-- ===== src/Transaction/Determines.antt =====
-- The bytes to be signed determine what is signed.
use cpp_conflux_sdk.Common.{
  Option, some, none, refl, ℕ, zero, suc, ◌-◌, ◌^◌, ◌<◌, ◌≡◌, sym, ap, ◌∙◌, [], ◌++◌, arith, Bytes,
  length,
}
use cpp_conflux_sdk.CommonData.Endian.{from_big_endian, to_compact_big_endian}
use cpp_conflux_sdk.CommonData.Endian.Compact.{from_big_endian-to_compact_big_endian}
use cpp_conflux_sdk.Rlp.Item.{Item, Items, str, lst, nil, cons, encode}
use cpp_conflux_sdk.Rlp.Reader.Unique.{encode_prefix_free, ok_eq}
use cpp_conflux_sdk.Transaction.{
  Transaction, Kind, message_call, contract_creation, null_transaction, without_signature,
}
use cpp_conflux_sdk.Transaction.Signing.{streamed}
use cpp_conflux_sdk.Transaction.Encodes.{receiver, fields, streamed-fields}

-- The members that are `u256` hold numbers of 256 bits, and the receiver's address has 20 bytes.
pub record IsWide (t : Transaction) : Type 0 where
  pub nonce_lt : t.nonce < 2 ^ 256
  pub gas_price_lt : t.gas_price < 2 ^ 256
  pub gas_lt : t.gas < 2 ^ 256
  pub value_lt : t.value < 2 ^ 256
  pub storage_limit_lt : t.storage_limit < 2 ^ 256
  pub epoch_height_lt : t.epoch_height < 2 ^ 256
  pub chain_id_lt : t.chain_id < 2 ^ 256
  pub address_length : length t.receive_address ≡ 20

-- The string at a place in a list.
string_of : Items → ℕ → Bytes
string_of nil j = []
string_of (cons (str s) xs) zero = s
string_of (cons (lst ys) xs) zero = []
string_of (cons x xs) (suc j) = string_of xs j

string_at : Item → ℕ → Bytes
string_at (str s) j = []
string_at (lst xs) j = string_of xs j

number_eq :
    (i j : ℕ)
    → i < 2 ^ 256
    → j < 2 ^ 256
    → to_compact_big_endian i 0 ≡ to_compact_big_endian j 0
    → i ≡ j
number_eq i j hi hj e =
    sym (from_big_endian-to_compact_big_endian 256 i 0 hi).0
    ∙ ap (λ (d : Bytes). from_big_endian 256 d) e
    ∙ (from_big_endian-to_compact_big_endian 256 j 0 hj).0

-- The one that receives a transaction: an address for a message call, and none otherwise.
abbrev pub recipient : Kind → Bytes → Option Bytes
recipient message_call address = some address
recipient contract_creation address = none
recipient null_transaction address = none

-- An address of 20 bytes is not nothing.
recipient_eq :
    (k j : Kind) (a b : Bytes)
    → length a ≡ 20
    → length b ≡ 20
    → receiver k a ≡ receiver j b
    → recipient k a ≡ recipient j b
recipient_eq message_call message_call a b ha hb e = ap some e
recipient_eq message_call contract_creation a b ha hb e =
    absurd (omega (arith, ha, ap (λ (x : Bytes). length x) e))
recipient_eq message_call null_transaction a b ha hb e =
    absurd (omega (arith, ha, ap (λ (x : Bytes). length x) e))
recipient_eq contract_creation message_call a b ha hb e =
    absurd (omega (arith, hb, ap (λ (x : Bytes). length x) e))
recipient_eq contract_creation contract_creation a b ha hb e = refl
recipient_eq contract_creation null_transaction a b ha hb e = refl
recipient_eq null_transaction message_call a b ha hb e =
    absurd (omega (arith, hb, ap (λ (x : Bytes). length x) e))
recipient_eq null_transaction contract_creation a b ha hb e = refl
recipient_eq null_transaction null_transaction a b ha hb e = refl

-- Two transactions whose numbers have 256 bits and whose receiver's addresses have 20 bytes, and whose
-- codings have fewer than 2 ^ 64 - 257 bytes: if the bytes to be signed are the same, they agree on
-- the seven numbers, on the data, and on the address that receives them or that there is none.
pub streamed_determines :
    (t u : Transaction)
    → IsWide t
    → IsWide u
    → length (encode (fields t)) < 2 ^ 64 - 1 - 0x100
    → length (encode (fields u)) < 2 ^ 64 - 1 - 0x100
    → streamed t without_signature ≡ streamed u without_signature
    → (t.nonce ≡ u.nonce)
      × (t.gas_price ≡ u.gas_price)
      × (t.gas ≡ u.gas)
      × (recipient t.kind t.receive_address ≡ recipient u.kind u.receive_address)
      × (t.value ≡ u.value)
      × (t.storage_limit ≡ u.storage_limit)
      × (t.epoch_height ≡ u.epoch_height)
      × (t.chain_id ≡ u.chain_id)
      × (t.data_bytes ≡ u.data_bytes)
unfolding fields string_at string_of
streamed_determines t u ht hu st su e =
    let bytes : encode (fields t) ≡ encode (fields u) =
      ok_eq _ _
        (sym (streamed-fields t (omega (arith, st))) ∙ e ∙ streamed-fields u (omega (arith, su))) in
    let same : fields t ≡ fields u =
      (encode_prefix_free (fields t) (fields u) [] [] st su
        (ap (λ (d : Bytes). d ++ []) bytes)).0 in
    let at : (j : ℕ) → string_at (fields t) j ≡ string_at (fields u) j =
      λ j. ap (λ (x : Item). string_at x j) same in
    (
      number_eq _ _ ht.nonce_lt hu.nonce_lt (at 0),
      number_eq _ _ ht.gas_price_lt hu.gas_price_lt (at 1),
      number_eq _ _ ht.gas_lt hu.gas_lt (at 2),
      recipient_eq t.kind u.kind _ _ ht.address_length hu.address_length (at 3),
      number_eq _ _ ht.value_lt hu.value_lt (at 4),
      number_eq _ _ ht.storage_limit_lt hu.storage_limit_lt (at 5),
      number_eq _ _ ht.epoch_height_lt hu.epoch_height_lt (at 6),
      number_eq _ _ ht.chain_id_lt hu.chain_id_lt (at 7),
      at 8,
    )
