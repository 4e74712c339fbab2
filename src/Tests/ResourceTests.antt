-- ===== src/Tests/ResourceTests.antt =====
-- Descriptors: runs, and the theorems at concrete inputs.
use sysu_ysosv.Prelude.{ℕ, ◌≡◌, ◌≢◌, refl, List, none, some, [], ◌∷◌, arith, returns}
use sysu_ysosv.Prelude.Map.{lookup, insert}
use sysu_ysosv.Resource.{
  KeyQueue, FileIo, stdin, stdout, stderr, file, console, null, Console, Handles, open_handle,
  close_handle, default_handles, read_handle, write_handle,
}
use sysu_ysosv.Resource.Table.{open_after_close_clobbers}
use sysu_ysosv.Resource.Devices.{IsBounded}

-- Keys in a list, and files that give nothing.
abbrev pub keys : KeyQueue
keys = record {
  Keys = List ℕ;
  push = λ q k. some (k ∷ q);
  pop = λ q. elim q [ [] ↦ none | k ∷ rest ↦ some (k, rest) ];
}

abbrev pub files : FileIo
files = record { File = ℕ; read = λ f buf. returns (some 0, buf, f) }

files_IsBounded : IsBounded files
files_IsBounded = record {
  fits = λ f f' buf buf' size e. ground arith;
  keeps = λ f f' buf buf' size e. ground arith;
}

abbrev shell : Handles ℕ
shell = (0, console stdin) ∷ (1, console stdout) ∷ (2, console stderr) ∷ []

default_is_shell : default_handles ≡ shell
unfolding default_handles insert
default_is_shell = refl

abbrev two_files : Handles ℕ
two_files =
    (0, console stdin) ∷ (1, console stdout) ∷ (2, console stderr) ∷ (3, file 8) ∷ (4, file 9) ∷ []

abbrev typed : Console (List ℕ)
typed = record { keys = 65 ∷ []; printed = [] }

write_prints :
    (write_handle keys files 1 (72 ∷ 105 ∷ []) shell typed).1.printed ≡ (stdout, 72 ∷ 105 ∷ []) ∷ []
unfolding write_handle lookup
write_prints = refl

open_after_close_clobbers_example :
    let handles = (close_handle 3 two_files).1 in
    let (next, handles') = open_handle null handles in
    (next ≡ 4) × (lookup next handles ≢ none) × (lookup next handles' ≡ some null)
open_after_close_clobbers_example =
    open_after_close_clobbers 3 null two_files (omega arith) (omega arith) (omega arith)

read_key :
    read_handle keys files 0 (0 ∷ 0 ∷ []) shell typed
    ≡ returns (1, 65 ∷ 0 ∷ [], shell, record typed { keys = [] })
unfolding read_handle lookup insert
read_key = refl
###
TASK DETAILS: The output should be exactly the lines above from the line containing "(t.chain_id ≡ u.chain_id)" to the line containing "(sym (streamed-fields t", inclusive, with no other lines.

ANSWER SPACE:
      × (t.chain_id ≡ u.chain_id)
      × (t.data_bytes ≡ u.data_bytes)
unfolding fields string_at string_of
streamed_determines t u ht hu st su e =
    let bytes : encode (fields t) ≡ encode (fields u) =
      ok_eq _ _
        (sym (streamed-fields t (omega (arith, st))) ∙ e ∙ streamed-fields u (omega (arith, su))) in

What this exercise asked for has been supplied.